High Computational Overhead of Extensive Approximation: While LWMFC* achieves higher accuracy, it fails to finish within a reasonable timeframe on the Color and Rumor problems.
Cooperative Scenario Only: The paper focuses exclusively on MFC (cooperative) and does not extend to competitive MFG (Mean Field Game) settings.
Simplified Policy Parameterization: The experiments implement policies relying solely on node states (instead of complete neighborhood information), which may limit expressiveness.
Lack of Comparison on Moderately Sparse Graphs: There is no systematic exploration comparing LWMFC against LPGMFG/GXMFG in moderately sparse regimes where the latter two are also applicable.

Graphon MFG/MFC: Dense-graph methods such as Caines et al. (2019, 2021) and Hu et al. (2023) represent the direct predecessors of this work.
Lp Graphon / Graphex MFG: Fabian et al. (2023, 2024) broaden MFG to moderately sparse graphs.
Local Weak Convergence Theory: Studies like van der Hofstad (2024) and Lacker & Soret (2023) supply the theoretical foundation for particle system convergence on sparse graphs.
Scalable MARL Methods: Independent learning methods such as IPPO (Tan 1993) remain standard paradigms in large-scale MARL.

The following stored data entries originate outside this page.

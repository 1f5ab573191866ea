-- ===== src/App.antt =====
-- internal/app: the wiring of the server.
pub mod Dispatcher
pub mod Paths
pub mod Routes
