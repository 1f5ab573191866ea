-- ===== src/App/Dispatcher.antt =====
-- internal/app/dispatcher.go: which handler has a request. A path is the list of its bytes.
use aisummoner.Prelude.{
  ℕ, ◌==◌, Bool, true, false, not, ◌&&◌, ◌||◌, Option, none, some, List, [], ◌∷◌, if◌then◌else◌,
  any,
}
use aisummoner.Prelude.Text.{codes}
use aisummoner.Store.Data.{Bytes, bytes_eq}

pub data RouteKind : Type 0 where
  route_static route_tunnel route_terminal route_agent route_health route_browser route_denied :
      RouteKind

-- `strings.HasPrefix` with `strings.TrimPrefix`: what follows the prefix, if it is there.
unfoldable pub after_prefix : Bytes → Bytes → Option Bytes
after_prefix [] value = some value
after_prefix (p ∷ ps) [] = none
after_prefix (p ∷ ps) (c ∷ cs) = let rest = after_prefix ps cs in if p == c then rest else none

unfoldable pub has_prefix : Bytes → Bytes → Bool
has_prefix prefix value = elim (after_prefix prefix value) [ none ↦ false | some rest ↦ true ]

-- `strings.TrimPrefix`.
unfoldable pub trim_prefix : Bytes → Bytes → Bytes
trim_prefix prefix value = elim (after_prefix prefix value) [ none ↦ value | some rest ↦ rest ]

unfoldable pub has_suffix : Bytes → Bytes → Bool
has_suffix suffix [] = bytes_eq [] suffix
has_suffix suffix (c ∷ cs) = bytes_eq (c ∷ cs) suffix || has_suffix suffix cs

-- `strings.TrimSuffix`.
unfoldable pub trim_suffix : Bytes → Bytes → Bytes
trim_suffix suffix [] = []
trim_suffix suffix (c ∷ cs) =
    let rest = trim_suffix suffix cs in if bytes_eq (c ∷ cs) suffix then [] else c ∷ rest

abbrev pub has_slash : Bytes → Bool
has_slash value = any (λ c. c == b'/') value

abbrev pub is_empty : Bytes → Bool
is_empty [] = true
is_empty (c ∷ cs) = false

abbrev pub one_segment : Bytes → Bool
one_segment middle = not (is_empty middle) && not (has_slash middle)

-- The prefix and the suffix may overlap in the value.
unfoldable pub one_segment_between : Bytes → Bytes → Bytes → Bool
one_segment_between value prefix suffix =
    has_prefix prefix value
    && has_suffix suffix value
    && one_segment (trim_suffix suffix (trim_prefix prefix value))

abbrev pub prepend : ℕ → List Bytes → List Bytes
prepend c [] = (c ∷ []) ∷ []
prepend c (s ∷ ss) = (c ∷ s) ∷ ss

-- `strings.Split(value, "/")`.
unfoldable pub split : Bytes → List Bytes
split [] = [] ∷ []
split (c ∷ cs) = let rest = split cs in if c == b'/' then [] ∷ rest else prepend c rest

abbrev pub session_segments : List Bytes → Bool
session_segments [] = false
session_segments (s ∷ []) = not (is_empty s)
session_segments (s ∷ t ∷ []) =
    not (is_empty s)
    && (bytes_eq t (codes "messages") || bytes_eq t (codes "events") || bytes_eq t (codes "models"))
session_segments (s ∷ t ∷ u ∷ rest) = false

abbrev pub session_rest : Option Bytes → Bool
session_rest none = false
session_rest (some []) = false
session_rest (some (c ∷ cs)) = session_segments (split (c ∷ cs))

unfoldable pub agent_session_path : Bytes → Bool
agent_session_path value = session_rest (after_prefix (codes "/api/v1/agent-sessions/") value)

abbrev pub provider_segments : List Bytes → Bool
provider_segments [] = false
provider_segments (s ∷ []) = false
provider_segments (s ∷ t ∷ []) = not (is_empty s) && bytes_eq t (codes "providers")
provider_segments (s ∷ t ∷ u ∷ []) =
    not (is_empty s) && bytes_eq t (codes "providers") && not (is_empty u)
provider_segments (s ∷ t ∷ u ∷ v ∷ rest) = false

abbrev pub provider_rest : Option Bytes → Bool
provider_rest none = false
provider_rest (some rest) = provider_segments (split rest)

unfoldable pub agent_runtime_provider_path : Bytes → Bool
agent_runtime_provider_path value =
    provider_rest (after_prefix (codes "/api/v1/agent-runtimes/") value)

unfoldable pub is_terminal_path : Bytes → Bool
is_terminal_path value = one_segment_between value (codes "/api/v1/devices/") (codes "/terminal")

unfoldable pub is_agent_path : Bytes → Bool
is_agent_path value =
    one_segment_between value (codes "/api/v1/devices/") (codes "/agent-sessions")
    || bytes_eq value (codes "/api/v1/agent-provider/deepseek")
    || bytes_eq value (codes "/api/v1/agent-provider/dsh")
    || bytes_eq value (codes "/api/v1/agent-settings")
    || bytes_eq value (codes "/api/v1/agent-sessions")
    || agent_runtime_provider_path value
    || agent_session_path value
    || one_segment_between value (codes "/api/v1/tool-calls/") (codes "/decision")

unfoldable pub classify_path : Bytes → RouteKind
classify_path value =
    if bytes_eq value (codes "/api/v1/tunnel")
    then route_tunnel
    else if is_terminal_path value
    then route_terminal
    else if is_agent_path value
    then route_agent
    else if bytes_eq value (codes "/healthz")
    then route_health
    else if has_prefix (codes "/healthz/") value
    then route_denied
    else if bytes_eq value (codes "/api") || has_prefix (codes "/api/") value
    then route_browser
    else if bytes_eq value (codes "/internal") || has_prefix (codes "/internal/") value
    then route_denied
    else route_static

pub data Handler : Type 0 where
  tunnel_handler terminal_handler agent_handler health_handler browser_handler static_handler
        not_found_handler unavailable :
      Handler

abbrev pub handler_of : RouteKind → Handler
handler_of route_static = static_handler
handler_of route_tunnel = tunnel_handler
handler_of route_terminal = terminal_handler
handler_of route_agent = agent_handler
handler_of route_health = health_handler
handler_of route_browser = browser_handler
handler_of route_denied = not_found_handler

abbrev pub is_health : RouteKind → Bool
is_health route_health = true
is_health _ = false

unfoldable pub serve_http : Bool → Bytes → Handler
serve_http ready value =
    let kind = classify_path value in
    if not (is_health kind) && not ready then unavailable else handler_of kind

Key Insight: Combining graph-theoretic convergence concepts with mean-field methods is a powerful and generalizable approach, potentially extending to more complex MF models with partial observability or bounded rationality.

Personal Commentary¶

The core contribution of this paper is filling the theoretical and algorithmic gaps of MFC on sparse graphs. Introducing local weak convergence to the mean-field framework is a natural and convincing idea. Although the two-systems approximation is heuristic, experiments demonstrate its overwhelming superiority over existing methods across various real-world networks. The order-of-magnitude improvement of LWMFC over GXMFG on the Color problem in Table 1 (e.g., from 8.76 to 0.19 on YouTube) provides exceptionally strong empirical evidence. However, Algorithm 1 (the MFC MDP route) underperforms compared to IPPO on small-scale graphs, indicating a gap in mean-field approximation when the node count is insufficiently large. Overall, this is a solid piece of work with both rigorous theory and extensive experiments.

Rating¶

Novelty: ⭐⭐⭐⭐ — Introduces local weak convergence to MFC for the first time, addressing extremely sparse graph classes that were completely unresolved previously.
Experimental Thoroughness: ⭐⭐⭐⭐ — Covers 4 problems × 8 real-world networks + synthetic networks, and compares thoroughly with baselines, though lacking a detailed ablation (e.g., on the selection of \(k^*\)).
Writing Quality: ⭐⭐⭐⭐ — Rigorous theoretical derivations; somewhat heavy on notation but has a clear structure.
Value: ⭐⭐⭐⭐ — Clear positive impact on the networked MARL community, with real-world experiments enhancing its practical value.